8. Joint Parliamentary Committee on Freedom of Information be appointed.

This recommendation has been based on the recent proposal by the NSW Ombudsman in his Special Report "Freedom of Information: way ahead"

Committee functions would include;

The NSW Ombudsman argues that there is a long term need to create an influential organisation or body to promote FoI to counterbalance the natural tendency of government and bureaucrats to lean towards the avoidance of public scrutiny.

The common experience in most, if not all, jurisdictions where Freedom of Information (FOI) schemes have been introduced is that Governments soon lose their reforming zeal. Government commitment to FOI and open government, as demonstrated by the introduction of such schemes, is seldom, if ever, maintained for any length of time.

There is a basic conflict between the concepts of FOI and open government on the one hand, and the desire of governments and their bureaucrats to avoid criticism and to keep accountability within "acceptable limits" on the other. In this NSW is no different to anywhere else.

9. Amendment of Section 27 (Internal Working Documents)

Section 27(4) should be amended to include a new subsection that removes the possibility of agencies claiming "frankness and candour" as a basis for non-disclosure of internal working documents.

The NSW Ombudsman in his Special Report "Freedom of Information: way ahead" has recommended that;

Clause 9 of Schedule 1 of the FOI Act be amended to distinguish between pre and post decision-making and to limit the circumstances where an exemption applies after a decision has been made (without creating any implication that pre-decisionmaking documents are automatically exempt).

I would argue that Section 27 should be likewise amended.


1. NSW Ombudsman, "Freedom of Information - Way Ahead".

2. Information Commissioner (Canada) Annual Report 1994, 21-22.

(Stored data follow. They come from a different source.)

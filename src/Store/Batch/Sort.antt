-- ===== src/Store/Batch/Sort.antt =====
-- The sort at the end of `list_flush_batch` (src/queue/store.cpp).
use mathlib.Core.List.Perm
use xnminer.Base.{
  ◌+◌, ◌≤◌, ◌<◌, ◌⊎◌, ◌≡◌, refl, true, false, List, [], ◌∷◌, Perm, length, All, Bool-cases, inl,
  inr, arith,
}
use xnminer.Policy.{flush_priority}
use xnminer.Store.Defs.{PendingBlock}
use xnminer.Store.Batch.{flushes_before, insert_sorted, sort_batch}

-- The row is of a kind that is flushed before the other's, or of an equal one and not younger.
abbrev pub Precedes : PendingBlock → PendingBlock → Type 0
Precedes x y =
    (flush_priority x.block_type < flush_priority y.block_type)
    ⊎ ((flush_priority x.block_type ≡ flush_priority y.block_type) × (x.id ≤ y.id))

-- Each row precedes all that follow it.
abbrev pub InOrder : List PendingBlock → Type 0
InOrder [] = Unit {0}
InOrder (x ∷ xs) = All (λ y. Precedes x y) xs × InOrder xs

-- No later row is to be flushed before an earlier one.
abbrev Sorted : List PendingBlock → Type 0
Sorted [] = Unit {0}
Sorted (x ∷ xs) = All (λ y. flushes_before y x ≡ false) xs × Sorted xs

insert_sorted-perm :
    (x : PendingBlock) (ys : List PendingBlock) → Perm (insert_sorted x ys) (x ∷ ys)
unfolding insert_sorted
insert_sorted-perm x [] = Perm.refl (x ∷ [])
insert_sorted-perm x (y ∷ ys) = elim (Bool-cases (flushes_before y x)) [
  | inl e ↦ rw e (Perm.trans (Perm.cons y (insert_sorted-perm x ys)) (Perm.swap x y ys))
  | inr e ↦ rw e (Perm.refl (x ∷ y ∷ ys))
]

pub sort_batch-perm : (xs : List PendingBlock) → Perm (sort_batch xs) xs
unfolding sort_batch
sort_batch-perm [] = Perm.refl []
sort_batch-perm (x ∷ xs) =
    Perm.trans (insert_sorted-perm x (sort_batch xs)) (Perm.cons x (sort_batch-perm xs))

length-insert_sorted :
    (x : PendingBlock) (ys : List PendingBlock) → length (insert_sorted x ys) ≡ length ys + 1
unfolding insert_sorted
length-insert_sorted x [] = omega arith
length-insert_sorted x (y ∷ ys) = ground (arith, length-insert_sorted x ys)

pub length-sort_batch : (xs : List PendingBlock) → length (sort_batch xs) ≡ length xs
unfolding sort_batch
length-sort_batch [] = refl
length-sort_batch (x ∷ xs) =
    omega (arith, length-insert_sorted x (sort_batch xs), length-sort_batch xs)

module _ (P : PendingBlock → Type 0) where
  insert_sorted-All :
      (x : PendingBlock) (ys : List PendingBlock) → P x → All P ys → All P (insert_sorted x ys)
  unfolding insert_sorted
  insert_sorted-All x [] p a = (p, tt)
  insert_sorted-All x (y ∷ ys) p a = elim (Bool-cases (flushes_before y x)) [
    | inl e ↦ rw e (a.0, insert_sorted-All x ys p a.1)
    | inr e ↦ rw e (p, a)
  ]

  pub sort_batch-All : (xs : List PendingBlock) → All P xs → All P (sort_batch xs)
  unfolding sort_batch
  sort_batch-All [] a = tt
  sort_batch-All (x ∷ xs) a = insert_sorted-All x (sort_batch xs) a.0 (sort_batch-All xs a.1)

flushes_before_asym : (x y : PendingBlock) → flushes_before x y ≡ true → flushes_before y x ≡ false
unfolding flushes_before
flushes_before_asym x y h = ground arith

flushes_before_trans :
    (x y z : PendingBlock)
    → flushes_before y x ≡ false
    → flushes_before z y ≡ false
    → flushes_before z x ≡ false
unfolding flushes_before
flushes_before_trans x y z h k = ground arith

All-after :
    (x y : PendingBlock) (zs : List PendingBlock)
    → flushes_before y x ≡ false
    → All (λ z. flushes_before z y ≡ false) zs
    → All (λ z. flushes_before z x ≡ false) zs
All-after x y [] h a = tt
All-after x y (z ∷ zs) h a = (flushes_before_trans x y z h a.0, All-after x y zs h a.1)

insert_sorted-Sorted :
    (x : PendingBlock) (ys : List PendingBlock) → Sorted ys → Sorted (insert_sorted x ys)
unfolding insert_sorted
insert_sorted-Sorted x [] s = (tt, tt)
insert_sorted-Sorted x (y ∷ ys) s = elim (Bool-cases (flushes_before y x)) [
  | inl e ↦ rw e (
    insert_sorted-All (λ z. flushes_before z y ≡ false) x ys (flushes_before_asym y x e) s.0,
    insert_sorted-Sorted x ys s.1,
  )
  | inr e ↦ rw e ((e, All-after x y ys e s.0), s)
]

sort_batch-Sorted : (xs : List PendingBlock) → Sorted (sort_batch xs)
unfolding sort_batch
sort_batch-Sorted [] = tt
sort_batch-Sorted (x ∷ xs) = insert_sorted-Sorted x (sort_batch xs) (sort_batch-Sorted xs)

All-Precedes :
    (x : PendingBlock) (ys : List PendingBlock)
    → All (λ y. flushes_before y x ≡ false) ys
    → All (λ y. Precedes x y) ys
unfolding flushes_before
All-Precedes x [] a = tt
All-Precedes x (y ∷ ys) a = (ground (arith, a.0), All-Precedes x ys a.1)

Sorted-InOrder : (xs : List PendingBlock) → Sorted xs → InOrder xs
Sorted-InOrder [] s = tt
Sorted-InOrder (x ∷ xs) s = (All-Precedes x xs s.0, Sorted-InOrder xs s.1)

pub sort_batch-InOrder : (xs : List PendingBlock) → InOrder (sort_batch xs)
sort_batch-InOrder xs = Sorted-InOrder (sort_batch xs) (sort_batch-Sorted xs)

3. Annual Report Under the South Australian Freedom of Information Act 1991 for Year Ending 30 June 1994 at 11.

4. R. Snell "Hitting the Wall: Does Freedom of Information have staying power?" AIAL Conference Brisbane July 1994.

5. Anne Ardagh, "Freedom of Information in Australia: a Comparative and Critical Assessment" paper delivered at ALTA Conference, Western Australia 1991 reprinted in Roger Douglas and Melinda Jones, Administrative Law: Cases and Materials, The Federation Press 1993, 137-147 at 145.

6. Zifcak, S 'Freedom of information: torchlight but not searchlight", Paper presented at National Conference on Administrative Law, (1991) 66 Canberra Bulletin of Public Administration 162.

7. First Annual Report of the Office of the Information Commissioner WA 1993-1994, 26.

8. NSW Ombudsman, "Freedom of Information - Way Ahead".